Scientific classification
- Kingdom: Animalia
- Phylum: Chordata
- Class: Aves
- Order: Accipitriformes
- Family: Accipitridae
- Genus: Circaetus
- Species: C. fasciolatus
- Binomial name: Circaetus fasciolatus Kaup, 1847

= Southern banded snake eagle =

- Authority: Kaup, 1847
- Conservation status: NT

Species of bird

The southern banded snake eagle (Circaetus fasciolatus), also known as the East African snake eagle or fasciated snake eagle, is a species of snake eagle in the family Accipitridae which is found in eastern Sub-Saharan Africa.

==Description==
The southern banded snake eagle is a rather small, stocky snake eagle with a large, rounded head which has a hooded beak. It has a grey-brown head contrasting slightly with the mainly blackish-brown upperparts and whitish underparts. The tail has a white tip and shows three distinct dark bands on the underside. The large eyes are pale yellow eyes, the feet and cere are yellow and the bill us black. The juvenile lacks the grey head, has mainly dark upperparts and the whitish pale underparts are marked with dark streaks on the face, throat and upper breast. The total length varies from 55 to 60 cm with females larger than males.

===Voice===
The southern banded snake eagle is unobtrusive and is normally found due to its noisy, high-pitched call, "ko-ko-ko-kaw", repeatedly made either from a perch or while in flight.

==Distribution==
The southern banded snake eagle occurs in a narrow band along the east African coast from southern Somalia to the north eastern Kwazulu-Natal and inland along the Save River into south eastern Zimbabwe.

==Habitat==
The southern banded snake eagle is a forest species and it mainly occurs in evergreen coastal forest but also in dense inland forests close to wetlands, it is occasionally recorded from more open areas of woodland.

==Biology==
As its name suggests, the southern banded snake eagle mainly eats snakes, hunting from a perch, scanning the surroundings for prey. If a large snake is caught, it is torn up into bite-size pieces before feeding; however, smaller snakes are swallowed whole, head-first. It has also been recorded feeding on lizards, frogs and termite alates.
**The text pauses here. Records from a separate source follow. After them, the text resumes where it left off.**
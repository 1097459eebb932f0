-- ===== src/Lock/Tests.antt =====
-- The lock's theorems at concrete schedules: processes below 100 are alive, and process 500 is not.
use automated_flywheel_setup.Base.{ℕ, ◌≡◌, ◌≢◌, refl, Bool, Option, none, some, [], ◌∷◌, ltb, arith}
use automated_flywheel_setup.Lock.{
  Content, owned_by, outside, opening, holding, System, pid_alive, step, run_schedule, call,
}
use automated_flywheel_setup.Lock.Exclusive.{run_schedule-exclusive}
use automated_flywheel_setup.Lock.Stale.{
  both_reclaim, before_write, run_schedule-both_reclaim, run_schedule-before_write,
}

abbrev living : ℕ → Bool
living pid = ltb pid 100

abbrev starting : Option Content → System
starting file = record { file = file; place = λ q. outside }

first_step : (step living (starting none) 7).place 7 ≡ opening 1
unfolding step call
first_step = refl

run_schedule-exclusive_example :
    ((run_schedule living (starting (some (owned_by 7))) (8 ∷ 9 ∷ 8 ∷ [])).file ≡ some (owned_by 7))
    × ((q : ℕ)
        → q ≢ 7
        → (run_schedule living (starting (some (owned_by 7))) (8 ∷ 9 ∷ 8 ∷ [])).place q ≢ holding)
unfolding pid_alive
run_schedule-exclusive_example =
    run_schedule-exclusive living 7 (starting (some (owned_by 7))) (8 ∷ 9 ∷ 8 ∷ []) refl
      (λ e. absurd (omega arith), (λ e. absurd (omega arith), (λ e. absurd (omega arith), tt))) refl
      (λ q o. refl)

run_schedule-both_reclaim_example :
    ((run_schedule living (starting (some (owned_by 500))) (both_reclaim living 7 8)).place 7
      ≡ holding)
    × ((run_schedule living (starting (some (owned_by 500))) (both_reclaim living 7 8)).place 8
        ≡ holding)
unfolding pid_alive
run_schedule-both_reclaim_example =
    run_schedule-both_reclaim living 7 8 (starting (some (owned_by 500))) 500
      (λ e. absurd (omega arith)) refl refl refl refl

run_schedule-before_write_example :
    ((run_schedule living (starting none) (before_write living 7 8)).place 7 ≡ holding)
    × ((run_schedule living (starting none) (before_write living 7 8)).place 8 ≡ holding)
run_schedule-before_write_example =
    run_schedule-before_write living 7 8 (starting none) (λ e. absurd (omega arith)) refl refl refl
The nest is constructed by both sexes and is an open platform of small sticks roughly 50–70 cm wide with an inner cup which is 17 cm across and is lined with fresh foliage. The nest is normally placed in the main fork of a tree. The single egg is laid from August–October and is mainly incubated by the female for about 50 days, although the male may take over for short stints early on in the incubation period.
Both parents feed the young on a diet of ripped up snakes. At first the male does the majority of the hunting, while the female looks after the nestling.